Kinetics of oxygen uptake by cells potentially used in a tissue engineered trachea.

Synthetic polymer scaffold seeded with autologous cells have a clinical translational potential. A rational design oriented to clinical applications must ensure an efficient mass transfer of nutrients as a function of specific metabolic rates, especially for precariously vascularized tissues grown in vitro or integrated in vivo. In this work, luminescence lifetime-based sensors were used to provide accurate, extensive and non-invasive measurements of the oxygen uptake rate for human mesenchymal stem cells (hMSCs), tracheal epithelial cells (hTEpiCs) and human chondrocytes (hCCs) within a range of 2-40% O2 partial pressure. Estimated Michaelis-Menten parameters were: V(max) = 0.099 pmol/cell⋅h and K(M) = 2.12 × 10(-7) mol/cm(3) for hMSCs, V(max) = 1.23 pmol/cell⋅h and K(M) = 2.14 × 10(-7) mol/cm(3) for hTEpiCs, V(max) = 0.515 pmol/cell⋅h and K(M) = 1.65 × 10(-7) mol/cm(3) for hCCs.
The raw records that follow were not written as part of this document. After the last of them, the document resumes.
-- ===== src/Gateway/Bridge.antt =====
-- crates/gateway/src/lib.rs: `SignalOrderBridge`, from a signal to a draft order.
use feynman_engine.Prelude.{
  ℕ, Bool, true, false, not, ◌&&◌, Option, none, some, String, List, [], ◌∷◌, any, find, lookup,
  str_eq, if◌then◌else◌,
}
use feynman_engine.Prelude.Text.{◌++◌, is_blank}
use feynman_engine.Prelude.Int.{pos}
use feynman_engine.Externs.{Externs, le, is_zero}
use feynman_engine.Types.Order.{Side, buy, sell, OrderType, market, TimeInForce, ioc, debug_side}
use feynman_engine.Types.Pipeline.{PipelineOrder, Draft, new}
use feynman_engine.Types.Limits.{AgentRiskLimits}
use feynman_engine.Types.Portfolio.{FirmBook, AgentAllocation, AgentStatus, active, show_status}
use feynman_engine.Types.Venue.{VenueConnectionHealth, is_submittable}
use feynman_engine.Types.Market.{PriceSource, PriceSnapshot}
use feynman_engine.Engine.State.{Signal}
use feynman_engine.Gateway.Errors.{
  Result, ok, err, ◌>>=◌, validation, agent_allocation_not_found, price_unavailable, stale_price,
  routing_unavailable, require,
}
use feynman_engine.Gateway.Symbols.{VenueSymbol, SymbolMap, venues_for}

pub record VenueRouteState (E : Externs) : Type 0 where
  pub connection_health : VenueConnectionHealth E
  pub available_balance : E.Decimal

pub data SignalRoutingPolicy : Type 0 where
  first_listed highest_available_balance : SignalRoutingPolicy

pub record SignalOrderBridgeConfig (E : Externs) : Type 0 where
  pub default_order_type : OrderType
  pub default_time_in_force : TimeInForce E
  pub dry_run : Bool
  pub routing_policy : SignalRoutingPolicy
  pub max_price_age : ℕ  -- in nanoseconds

pub record SignalOrderBridge (E : Externs) : Type 0 where
  pub config : SignalOrderBridgeConfig E
  pub symbol_map : SymbolMap

module _ (E : Externs) where
  open E use {Decimal, zero_dec, sub, mul, div, abs, lt, display, DateTime}

  -- `SignalOrderBridgeConfig::default`
  abbrev pub default_config : SignalOrderBridgeConfig E
  default_config = record {
    default_order_type = market;
    default_time_in_force = ioc;
    dry_run = true;
    routing_policy = highest_available_balance;
    max_price_age = 30000000000;
  }

  abbrev one : Decimal
  one = E.literal (pos 1) 0

  abbrev is_some : Option Decimal → Bool
  is_some none = false
  is_some (some _) = true

  abbrev positive_hint : Option Decimal → Result Unit
  positive_hint none = ok tt
  positive_hint (some hint) =
      require (lt zero_dec hint)
        (validation ("signal sizing_hint must be positive, got " ++ display hint))

  unfoldable pub validate_signal : Signal E → Result Unit
  validate_signal signal = do
    bounded ← require (le E zero_dec signal.conviction && le E signal.conviction one) (
        validation
          ("signal conviction must be within 0.0..=1.0, got " ++ display signal.conviction))
    unambiguous ←
        require (not (is_zero E signal.conviction && is_some signal.sizing_hint))
          (validation "sizing_hint provided with zero conviction; intent is ambiguous")
    stop ←
        require (lt zero_dec signal.stop_loss)
          (validation ("signal stop_loss must be positive, got " ++ display signal.stop_loss))
    thesis ← require (not (is_blank signal.thesis)) (validation "signal thesis must be non-empty")
    positive_hint signal.sizing_hint

  -- Whether `a` is on the losing side of `price`.
  abbrev pub is_losing : Side → Decimal → Decimal → Bool
  is_losing buy a price = lt a price
  is_losing sell a price = lt price a

  abbrev pub is_profitable : Side → Decimal → Decimal → Bool
  is_profitable buy a price = lt price a
  is_profitable sell a price = lt a price

  abbrev valid_target : Side → Option Decimal → Decimal → Result Unit
  valid_target side none price = ok tt
  valid_target side (some target) price = require (is_profitable side target price) (
      validation (
        "take_profit "
        ++ (display target
            ++ (" is not on the profitable side of reference price "
                ++ (display price ++ (" for " ++ debug_side side))))))

  unfoldable pub validate_exit_targets : Signal E → Decimal → Result Unit
  validate_exit_targets signal price = do
    stop ← require (is_losing signal.direction signal.stop_loss price) (
        validation (
          "stop_loss "
          ++ (display signal.stop_loss
              ++ (" is not on the losing side of reference price "
                  ++ (display price ++ (" for " ++ debug_side signal.direction))))))
    valid_target signal.direction signal.take_profit price

  abbrev pub quoted : Side → PriceSnapshot E → Decimal
  quoted buy snapshot = snapshot.ask
  quoted sell snapshot = snapshot.bid

  abbrev positive_price : Decimal → Result Decimal
  positive_price price =
      if lt zero_dec price
      then ok price
      else err (validation ("reference price must be positive, got " ++ display price))

  abbrev price_from : Option (PriceSnapshot E) → Bool → Signal E → ℕ → Result Decimal
  price_from none stale signal max_age = err (price_unavailable signal.instrument)
  price_from (some snapshot) stale signal max_age =
      if stale
      then err (stale_price signal.instrument max_age)
      else positive_price (quoted signal.direction snapshot)

  unfoldable pub reference_price_for :
      SignalOrderBridge E → Signal E → PriceSource E → Result Decimal
  reference_price_for bridge signal prices =
      price_from (prices.latest_price signal.instrument)
        (prices.is_stale signal.instrument bridge.config.max_price_age) signal
        bridge.config.max_price_age

  abbrev raw_size : Option Decimal → Signal E → Decimal → Decimal → Result Decimal
  raw_size (some hint) signal capital price =
      if lt capital hint
      then err (
          validation (
            "sizing_hint "
            ++ (display hint ++ (" exceeds agent allocated_capital " ++ display capital))))
      else ok (div hint price)
  raw_size none signal capital price =
      let max_loss_per_unit = abs (sub price signal.stop_loss) in
      if lt zero_dec max_loss_per_unit
      then ok (div (mul signal.conviction capital) max_loss_per_unit)
      else err (validation "signal stop_loss must differ from the reference price")

  abbrev positive_size : Decimal → Result Decimal
  positive_size qty =
      if lt zero_dec qty
      then ok qty
      else err (validation ("signal sizing produced a non-positive quantity: " ++ display qty))

  unfoldable pub size_signal : Signal E → Decimal → Decimal → Result Decimal
  size_signal signal capital price = do
    qty ← raw_size signal.sizing_hint signal capital price
    positive_size qty

  -- `agent_limits.and_then(|limits| limits.allowed_…)`, and the test of a name against it.
  abbrev pub allowed_instruments : Option (AgentRiskLimits E) → Option (List String)
  allowed_instruments none = none
  allowed_instruments (some limits) = limits.allowed_instruments

  abbrev pub allowed_venues : Option (AgentRiskLimits E) → Option (List String)
  allowed_venues none = none
  allowed_venues (some limits) = limits.allowed_venues

  abbrev pub is_allowed : Option (List String) → String → Bool
  is_allowed none id = true
  is_allowed (some ids) id = any (λ a. str_eq a id) ids

  abbrev pub find_state : String → List (VenueRouteState E) → Option (VenueRouteState E)
  find_state venue = find (λ s. str_eq s.connection_health.venue_id venue)

  abbrev pub usable : Option (VenueRouteState E) → Option (List String) → String → Bool
  usable none allowed venue = false
  usable (some state) allowed venue =
      is_allowed allowed venue && is_submittable E state.connection_health

  abbrev pub balance_of : Option (VenueRouteState E) → Decimal
  balance_of none = zero_dec
  balance_of (some state) = state.available_balance

  -- `filter_map`: the usable listings, each with its venue's available balance.
  unfoldable pub eligible :
      List VenueSymbol
      → Option (List String)
      → List (VenueRouteState E)
      → List (VenueSymbol × Decimal)
  eligible [] allowed states = []
  eligible (listing ∷ rest) allowed states =
      let later = eligible rest allowed states in
      let state = find_state listing.venue_id states in
      if usable state allowed listing.venue_id then (listing, balance_of state) ∷ later else later

  -- `max_by`, which keeps the last of several maxima.
  abbrev pub keep_max : VenueSymbol × Decimal → VenueSymbol × Decimal → VenueSymbol × Decimal
  keep_max best candidate = if lt candidate.1 best.1 then best else candidate

  unfoldable pub richest :
      VenueSymbol × Decimal → List (VenueSymbol × Decimal) → VenueSymbol × Decimal
  richest best [] = best
  richest best (candidate ∷ rest) = richest (keep_max best candidate) rest

  abbrev pub choose :
      SignalRoutingPolicy → String → List (VenueSymbol × Decimal) → Result VenueSymbol
  choose policy instrument [] = err (
      routing_unavailable instrument
        ("no mapped venue is simultaneously allowed and connected for " ++ instrument))
  choose first_listed instrument (candidate ∷ rest) = ok candidate.0
  choose highest_available_balance instrument (candidate ∷ rest) = ok (richest candidate rest).0

  abbrev require_mapped : Option (List VenueSymbol) → String → Result (List VenueSymbol)
  require_mapped none instrument =
      err (routing_unavailable instrument "instrument is missing from the symbol map")
  require_mapped (some listings) instrument = ok listings

  unfoldable pub mapped_venues : SymbolMap → String → Result (List VenueSymbol)
  unfolding venues_for
  mapped_venues m instrument = require_mapped (venues_for instrument m) instrument

  unfoldable pub select_venue :
      SignalOrderBridge E
      → Signal E
      → Option (AgentRiskLimits E)
      → List (VenueRouteState E)
      → Result VenueSymbol
  unfolding eligible richest mapped_venues
  select_venue bridge signal limits states = do
    allowed ← require (is_allowed (allowed_instruments limits) signal.instrument) (
        routing_unavailable signal.instrument
          ("instrument " ++ (signal.instrument ++ (" is not allowed for agent " ++ signal.agent))))
    mapped ← mapped_venues bridge.symbol_map signal.instrument
    choose bridge.config.routing_policy signal.instrument
        (eligible mapped (allowed_venues limits) states)

  abbrev pub is_active : AgentStatus E → Bool
  is_active active = true
  is_active _ = false

  abbrev require_allocation : Option (AgentAllocation E) → String → Result (AgentAllocation E)
  require_allocation none agent = err (agent_allocation_not_found agent)
  require_allocation (some allocation) agent =
      if is_active allocation.status
      then ok allocation
      else err (
          validation
            ("agent " ++ (agent ++ (" is not active: " ++ show_status E allocation.status))))

  unfoldable pub find_allocation : FirmBook E → String → Result (AgentAllocation E)
  find_allocation book agent = require_allocation (lookup agent book.agent_allocations) agent

  -- The draft order of a signal.
  abbrev pub draft_order :
      SignalOrderBridge E
      → Signal E
      → Decimal
      → Decimal
      → VenueSymbol
      → DateTime
      → PipelineOrder E Draft
  draft_order bridge signal price qty venue now = new E (record {
    id = "ord-" ++ signal.id;
    basket_id = signal.basket_id;
    agent_id = signal.agent;
    instrument_id = signal.instrument;
    market_id = venue.symbol;
    venue_id = venue.venue_id;
    side = signal.direction;
    order_type = bridge.config.default_order_type;
    time_in_force = bridge.config.default_time_in_force;
    qty = qty;
    price = some price;
    trigger_price = none;
    stop_loss = some signal.stop_loss;
    take_profit = signal.take_profit;
    post_only = false;
    reduce_only = false;
    dry_run = bridge.config.dry_run;
    exec_hint = record { allow_emulation = false };
    created_at = now;
  })

  -- What follows the test for zero conviction.
  unfoldable pub draft_one :
      SignalOrderBridge E
      → Signal E
      → AgentAllocation E
      → Option (AgentRiskLimits E)
      → PriceSource E
      → List (VenueRouteState E)
      → DateTime
      → Result (List (PipelineOrder E Draft))
  unfolding new reference_price_for validate_exit_targets size_signal select_venue
  draft_one bridge signal allocation limits prices states now = do
    price ← reference_price_for bridge signal prices
    exits ← validate_exit_targets signal price
    qty ← size_signal signal allocation.allocated_capital price
    venue ← select_venue bridge signal limits states
    ok (draft_order bridge signal price qty venue now ∷ [])

  unfoldable pub signal_to_orders :
      SignalOrderBridge E
      → Signal E
      → FirmBook E
      → Option (AgentRiskLimits E)
      → PriceSource E
      → List (VenueRouteState E)
      → DateTime
      → Result (List (PipelineOrder E Draft))
  unfolding validate_signal find_allocation draft_one
  signal_to_orders bridge signal book limits prices states now = do
    checked ← validate_signal signal
    allocation ← find_allocation book signal.agent
    (if is_zero E signal.conviction
        then ok []
        else draft_one bridge signal allocation limits prices states now)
Kinetics data served as an input to a preliminary computational simulation of cell culture on a poly-ethylene terephthalate (PET) tracheal scaffold obtaining an efficient mass transfer at cell density of 10(6) cell/cm(3). Oxygen concentration affected the glucose uptake and lactate production rates of cells that adapted their metabolism according to energy demand in hypoxic and normoxic conditions.